Web Scraping With R

Installing requirements

For macOS, run the following:

brew install r
brew install --cask r-studio

For Windows, run the following:

choco install r.project
choco install r.studio

Installing required libraries

install.packages("rvest")
install.packages("dplyr")

Web scraping with rvest

library(rvest)
link = "https://en.wikipedia.org/wiki/List_of_ISO_3166_country_codes"
page = read_html(link)

Parsing HTML Content

page %>% html_elements(css="")
page %>% html_elements(xpath="")

For above page, use the following:

htmlElement <- page %>% html_element("table.sortable")

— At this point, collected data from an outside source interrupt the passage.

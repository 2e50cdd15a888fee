-- ===== src/Records/Resolve/State.antt =====
-- `resolveTimebankRecords` of packages/timebank-records/src/resolve.ts.
use peer_hours.Prelude.{
  not, String, List, [], ◌++◌, map, contains, ◌==◌, text_equality, Result, ok, throw_if, ◌>>=◌,
  ◌>>◌, resolution, legacy_event,
}
use peer_hours.Ledger.Apply.{apply_transfers}
use peer_hours.Identity.Events.{MemberSigningKeyAuthorization}
use peer_hours.Identity.Verifier.{empty_index, index_authorized_keys, verify_attestation}
use peer_hours.Settlement.Acknowledgements.{resolve_settlement_acknowledgements}
use peer_hours.Settlement.Attestations.{has_items, resolve_attestations}
use peer_hours.Records.Json.{Members}
use peer_hours.Records.Envelope.{RecordEnvelope, envelope_members, reduce_record_envelopes}
use peer_hours.Records.Timebank.Listings.{
  published_listing_record_kind, closed_listing_record_kind, reduce_published_listing_records,
  reduce_closed_listing_records,
}
use peer_hours.Records.Timebank.Proposals.{
  accepted_proposal_record_kind, proposed_proposal_record_kind, reduce_accepted_proposal_records,
  reduce_proposed_proposal_records,
}
use peer_hours.Records.Timebank.Transfers.{
  ledger_transfer_record_kind, reduce_ledger_transfer_records,
}
use peer_hours.Records.Timebank.Settlements.{
  settlement_acknowledgement_record_kind, settlement_attestation_record_kind,
  reduce_acknowledgement_records, reduce_settlement_attestation_records,
}
use peer_hours.Records.Declarations.{
  member_feed_declaration_record_kind, declarations_to_authorizations,
}
use peer_hours.Records.KeyEvents.{reduce_event_records}
use peer_hours.Records.KeyLifecycles.{is_lifecycle_record, reduce_proven_lifecycles}
use peer_hours.Records.Resolve.{
  Runtime, ResolvedTimebankState, filter, of_kind_json, is_identity_record, closed_listing_ids,
  by_proposal_id, assert_accepted_proposals_preserve_published_terms, listed,
  acknowledgements_by_proposal, map_result, resolution_error,
}
use peer_hours.Records.Resolve.Admission.{
  assert_member_signed_domain_records, attestations_by_proposal, assert_settlements_authorized,
}

module _ (rt : Runtime) where
  -- The authorizations of a community's records, from all three kinds of identity record.
  unfoldable pub resolve_authorizations :
      List RecordEnvelope → Result (List MemberSigningKeyAuthorization)
  resolve_authorizations records = do
    let declarations = filter (λ r. r.kind == member_feed_declaration_record_kind) records
    let members = map (λ r. r.author_id) declarations
    let legacy = filter is_identity_record records
    throw_if (has_items (filter (λ r. contains members r.author_id) legacy))
        (resolution legacy_event)
    legacy_authorizations ←
        reduce_event_records rt.fingerprint rt.is_canonical rt.collation
          (map envelope_members legacy)
    self_owned ←
        declarations_to_authorizations rt.fingerprint rt.is_canonical rt.hash rt.is_signature
          rt.verify_declaration rt.collation (map envelope_members declarations)
    lifecycles ←
        reduce_proven_lifecycles rt.fingerprint rt.is_canonical rt.hash rt.is_signature
          rt.verify_lifecycle rt.verify_declaration rt.collation
          (map envelope_members (filter is_lifecycle_record records))
          (map envelope_members declarations)
    ok (legacy_authorizations ++ (self_owned ++ lifecycles))

  -- The body of the `try`, from the listings on.
  unfoldable pub assembled_state :
      String
      → List RecordEnvelope
      → List MemberSigningKeyAuthorization
      → Result ResolvedTimebankState
  assembled_state community_id community authorizations = do
    all_published ←
        reduce_published_listing_records rt.is_canonical rt.collation
          (of_kind_json published_listing_record_kind community) community_id
    closed ←
        reduce_closed_listing_records rt.is_canonical rt.collation
          (of_kind_json closed_listing_record_kind community) community_id
    closed_ids ← closed_listing_ids all_published closed
    accepted ←
        reduce_accepted_proposal_records rt.is_canonical rt.collation
          (of_kind_json accepted_proposal_record_kind community) community_id
    proposed ←
        reduce_proposed_proposal_records rt.is_canonical rt.collation
          (of_kind_json proposed_proposal_record_kind community) community_id
    acknowledgements ←
        reduce_acknowledgement_records rt.is_canonical rt.collation
          (of_kind_json settlement_acknowledgement_record_kind community) community_id
    transfers ←
        reduce_ledger_transfer_records rt.is_canonical rt.collation
          (of_kind_json ledger_transfer_record_kind community) community_id
    attestations ←
        reduce_settlement_attestation_records rt.is_canonical rt.collation
          (of_kind_json settlement_attestation_record_kind community) community_id
    assert_accepted_proposals_preserve_published_terms proposed accepted
    let proposals = by_proposal_id [] accepted
    acknowledged ← acknowledgements_by_proposal proposals [] acknowledgements
    confirmations ←
        map_result
          (λ p. resolve_settlement_acknowledgements rt.collation p (listed acknowledged p.id))
          accepted
    attested ← attestations_by_proposal rt authorizations proposals acknowledged [] attestations
    attestation_states ←
        map_result
          (λ p.
            resolve_attestations rt.collation rt.digest p (listed acknowledged p.id)
              (listed attested p.id))
          accepted
    assert_settlements_authorized rt authorizations proposals acknowledged transfers
    index ← index_authorized_keys rt.fingerprint rt.is_canonical empty_index authorizations
    ledger ← apply_transfers rt.collation community_id transfers (
        verify_attestation rt.fingerprint rt.is_canonical rt.digest rt.is_signature rt.verify_terms
          index)
    ok (record {
      community_id = community_id;
      authorizations = authorizations;
      published_listings = filter (λ l. not (contains closed_ids l.id)) all_published;
      proposed_proposals = proposed;
      accepted_proposals = accepted;
      settlement_acknowledgements = acknowledgements;
      settlement_confirmations = confirmations;
      settlement_attestations = attestation_states;
      transfers = transfers;
      ledger = ledger;
    })

  -- The body of the `try`.
  unfoldable pub resolved_state : String → List Members → Result ResolvedTimebankState
  resolved_state community_id records = do
    normalized ← reduce_record_envelopes rt.is_canonical rt.collation records
    let community = filter (λ r. r.community_id == community_id) normalized
    authorizations ← resolve_authorizations community
    assert_member_signed_domain_records rt records community_id authorizations
    assembled_state community_id community authorizations

  unfoldable pub resolve_timebank_records : String → List Members → Result ResolvedTimebankState
  resolve_timebank_records community_id records =
      resolution_error (resolved_state community_id records)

Saving data to a data frame

df <- html_table(htmlEl, header = FALSE)
names(df) <- df[2,]
df = df[-1:-2,]

Exporting data frame to a CSV file

write.csv(df, "iso_codes.csv")

Downloading Images

page <- read_html(url)
image_element <- page %>% html_element(".thumbborder")
image_url <- image_element %>% html_attr("src")
download.file(image_url, destfile = basename("paris.jpg"))

Scrape Dynamic Pages with Rvest

Find the API endpoint and use that as following:

page<-read_html(GET(api_url, timeout(10)))
jsontext <- page %>% html_element("p")  %>% html_text()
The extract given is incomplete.